# Distributor points vs HEI whats better?



## trainman115 (Jul 31, 2014)

Hi guys I am thinking about taking out my points distributor and replacing it with one of thoses HEI ones that look like a points distributor and round high output coil just wondering if anybody else did that and how it worked out and are they any better. Thanks Ed


----------



## geeteeohguy (Feb 2, 2008)

Here's the scoop: points are simpler and more reliable, but require more maintenance. They need to be replaced every 15,000 miles. HEI is maintenance free. Will run many, many miles without touching it. But HEI has a higher WTFH quotient (Walk The F#$k Home). It's a common mis-conception that HEI provides more horsepower. It doesn't. I've been running the stock points distributors in all of my GTO's for the past 35+years with zero failures. Ask the guys on this forum and others how many times their HEI brain or module has left them stranded. It'll be a lot more often than the points-equipped car.


----------



## Roger that (Feb 6, 2010)

geeteeohguy said:


> Ask the guys on this forum and others how many times their HEI brain or module has left them stranded.


Every 4 to 6 months mine quits. I had to have a spare control module in the car at all times with the tools. I no longer have the HEI and life is good now.


----------



## PontiacJim (Dec 29, 2012)

Have had the experience of the HEI module go out on a 1975 Pontiac I used to own. Points work fine, but require a dwell meter to dial them in. Of course gapping the points usually presents no problems if you just gap them.

I went with a point distributor and aftermarket electronic conversion. Simple installation and eliminates the points and adjusting them. Best of both worlds and I have had no problems. Ignition Products

You have to make sure that you use a 12 volt "hot" wire to the electronic change-over as the points distributor uses a resistor wire to provide 8 volts so as not to burn up the points.


----------



## 68GTO4004Spd (Jun 19, 2008)

I'm running a pertronics II in the stock distributer with a flamethrower coil, 2 years now, no failures.


----------



## chuckha62 (Apr 5, 2010)

geeteeohguy said:


> Here's the scoop: points are simpler and more reliable, but require more maintenance. They need to be replaced every 15,000 miles. HEI is maintenance free. Will run many, many miles without touching it. But HEI has a higher WTFH quotient (Walk The F#$k Home). It's a common mis-conception that HEI provides more horsepower. It doesn't. I've been running the stock points distributors in all of my GTO's for the past 35+years with zero failures. Ask the guys on this forum and others how many times their HEI brain or module has left them stranded. It'll be a lot more often than the points-equipped car.
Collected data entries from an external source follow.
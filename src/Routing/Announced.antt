-- ===== src/Routing/Announced.antt =====
-- internal/routing/table.go: after any announcements, the routes are those of the last announcement of
-- each peer that was newer than the ones before.
use nexus_proxy_server.Common.{
  ℕ, ◌≡◌, refl, ap, ◌∙◌, Bool, true, ◌&&◌, ltb, ◌==◌, nat_eq, bytes_eq, if◌then◌else◌, Bytes, List,
  [], ◌∷◌, ◌++◌, Option, none, some, lookup, Distinct, arith, Bool-cases, inl, inr,
}
use nexus_proxy_server.Hostnames.{wildcard_suffix}
use nexus_proxy_server.Routing.Peers.{Peer}
use nexus_proxy_server.Routing.Table.{
  Table, PeerState, has_text, set_of, state_or_new, add_route_at, remove_route_at, add_route,
  remove_route, add_missing, remove_missing, add_routes, remove_routes, update_routes_for_peer,
  clear_routes_for_peer,
}
use nexus_proxy_server.Routing.Routes.{IsOnceTable}
use nexus_proxy_server.Routing.Loops.{served, is_plain, all_plain, plain_cons}

-- What the mesh tells the table.
pub data Event : Type 0 where
  announce : Peer → ℕ → List Bytes → Event
  gone : Peer → Event

-- What a peer's address has announced: an announcement counts if it is newer, and none counts once the
-- peer is gone.
unfoldable pub spec_step : ℕ → Event → PeerState → PeerState
spec_step a (announce p version hostnames) s =
    if p.addr == a && ltb s.version version
    then record { version = version; hostnames = hostnames }
    else s
spec_step a (gone p) s = if p.addr == a then record { version = 0; hostnames = [] } else s

unfoldable pub spec : ℕ → List Event → PeerState → PeerState
unfolding spec_step
spec a [] s = s
spec a (e ∷ es) s = spec a es (spec_step a e s)

abbrev pub state_of : ℕ → Table → PeerState
state_of a t = state_or_new (lookup a t.peer_states)

module _ (to_ascii : Bytes → Option Bytes) where
  unfoldable pub step : Event → Table → Table
  unfolding update_routes_for_peer clear_routes_for_peer
  step (announce p version hostnames) t = update_routes_for_peer to_ascii p version hostnames t
  step (gone p) t = clear_routes_for_peer to_ascii p t

  unfoldable pub run : List Event → Table → Table
  unfolding step
  run [] t = t
  run (e ∷ es) t = run es (step e t)

  abbrev pub plain_events : List Event → Bool
  plain_events [] = true
  plain_events (announce p version hostnames ∷ es) = all_plain to_ascii hostnames && plain_events es
  plain_events (gone p ∷ es) = plain_events es

  -- The table is what the states say.
  pub record IsServed (t : Table) : Type 0 where
    pub once : IsOnceTable t
    pub distinct : Distinct t.peer_states
    pub plain : (a : ℕ) → all_plain to_ascii (state_of a t).hostnames ≡ true
    pub agrees :
        (a : ℕ) (h : Bytes)
        → is_plain to_ascii h ≡ true
        → served to_ascii a h t ≡ (if has_text h (state_of a t).hostnames then 1 else 0)

  -- The states are what was announced.
  pub record Means (t : Table) (f : ℕ → PeerState) : Type 0 where
    pub versions : (a : ℕ) → (state_of a t).version ≡ (f a).version
    pub names :
        (a : ℕ) (h : Bytes) → has_text h (state_of a t).hostnames ≡ has_text h (f a).hostnames

  all_plain-append :
      (hs : List Bytes) (h : Bytes)
      → all_plain to_ascii hs ≡ true
      → is_plain to_ascii h ≡ true
      → all_plain to_ascii (hs ++ (h ∷ [])) ≡ true
  all_plain-append [] h e e' = ap (λ b. b && true) e'
  all_plain-append (g ∷ hs) h e e' =
      let (here, rest) = plain_cons to_ascii g hs e in
      ap (λ b. b && all_plain to_ascii (hs ++ (h ∷ []))) here ∙ all_plain-append hs h rest e'

  pub all_plain-set_of :
      (hs set : List Bytes)
      → all_plain to_ascii hs ≡ true
      → all_plain to_ascii set ≡ true
      → all_plain to_ascii (set_of hs set) ≡ true
  unfolding set_of
  all_plain-set_of [] set e e' = e'
  all_plain-set_of (h ∷ hs) set e e' =
      let (here, rest) = plain_cons to_ascii h hs e in
      all_plain-set_of hs (if has_text h set then set else set ++ (h ∷ [])) rest
        (elim (Bool-cases (has_text h set)) [
          | inl b ↦ ap (λ c. all_plain to_ascii (if c then set else set ++ (h ∷ []))) b ∙ e'
          | inr b ↦
              ap (λ c. all_plain to_ascii (if c then set else set ++ (h ∷ []))) b
              ∙ all_plain-append set h e' here
        ])

  add_route_at-states :
      (u : Option Bytes) (p : Peer) (h : Bytes) (t : Table)
      → (add_route_at u p h t).peer_states ≡ t.peer_states
  unfolding add_route_at
  add_route_at-states none p h t = refl
  add_route_at-states (some s) p h t = refl

  add_missing-states :
      (p : Peer) (old : List Bytes) (h : Bytes) (t : Table)
      → (add_missing to_ascii p old h t).peer_states ≡ t.peer_states
  unfolding add_missing add_route
  add_missing-states p old h t =
      let added = add_route_at-states (wildcard_suffix to_ascii h) p h t in ground (arith, added)

  pub add_routes-states :
      (p : Peer) (old hs : List Bytes) (t : Table)
      → (add_routes to_ascii p old hs t).peer_states ≡ t.peer_states
  unfolding add_routes
  add_routes-states p old [] t = refl
  add_routes-states p old (h ∷ hs) t =
      add_routes-states p old hs (add_missing to_ascii p old h t) ∙ add_missing-states p old h t

  remove_route_at-states :
      (u : Option Bytes) (p : Peer) (h : Bytes) (t : Table)
      → (remove_route_at u p h t).peer_states ≡ t.peer_states
  unfolding remove_route_at
  remove_route_at-states none p h t = refl
  remove_route_at-states (some s) p h t = refl

  remove_missing-states :
      (p : Peer) (new : List Bytes) (h : Bytes) (t : Table)
      → (remove_missing to_ascii p new h t).peer_states ≡ t.peer_states
  unfolding remove_missing remove_route
  remove_missing-states p new h t =
      let removed = remove_route_at-states (wildcard_suffix to_ascii h) p h t in
      ground (arith, removed)

  pub remove_routes-states :
      (p : Peer) (new hs : List Bytes) (t : Table)
      → (remove_routes to_ascii p new hs t).peer_states ≡ t.peer_states
  unfolding remove_routes
  remove_routes-states p new [] t = refl
  remove_routes-states p new (h ∷ hs) t =
      remove_routes-states p new hs (remove_missing to_ascii p new h t)
      ∙ remove_missing-states p new h t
^^^^^ What he said! I'm still running points trouble free! Now, try to find a dwell meter!  The only other thing is (and I have not experienced it yet, myself) I'm hearing there are more and more incidents of non-working brand new out of the box condensors with points sets.

Just a thought. Maybe stockpiling them would be a good idea?


----------



## Matthew (Feb 11, 2011)

Trainman, the grass is not greener over there. Stick with what you got. Matt


----------



## geeteeohguy (Feb 2, 2008)

Guys, I have bought NOS AC Delco stuff off of ebay. Points sets. No condensors....still running 30-40 year old oem units there. The new points sets tend to be crap. The ones you want are the Filko, Borg Warner, or Ac Delco NOS.....No uni-sets. The condensors come loose on those and fail. Each set will go 15k miles, minimum. How long does it take you to put on that kind of mileage? I remember in the '80's running 30,000 miles a year on my '67....those days are long gone! But the old ign. parts are indeed superior to the new crap. Also, dwell meters can be bought on line for cheap. They never seem to go bad. Mine is over 35 years old....


----------



## Goat Roper (Oct 28, 2014)

geeteeohguy said:


> Guys, I have bought NOS AC Delco stuff off of ebay. Points sets. No condensors....still running 30-40 year old oem units there. The new points sets tend to be crap. The ones you want are the Filko, Borg Warner, or Ac Delco NOS.....No uni-sets. The condensors come loose on those and fail. Each set will go 15k miles, minimum. How long does it take you to put on that kind of mileage? I remember in the '80's running 30,000 miles a year on my '67....those days are long gone! But the old ign. parts are indeed superior to the new crap. Also, dwell meters can be bought on line for cheap. They never seem to go bad. Mine is over 35 years old....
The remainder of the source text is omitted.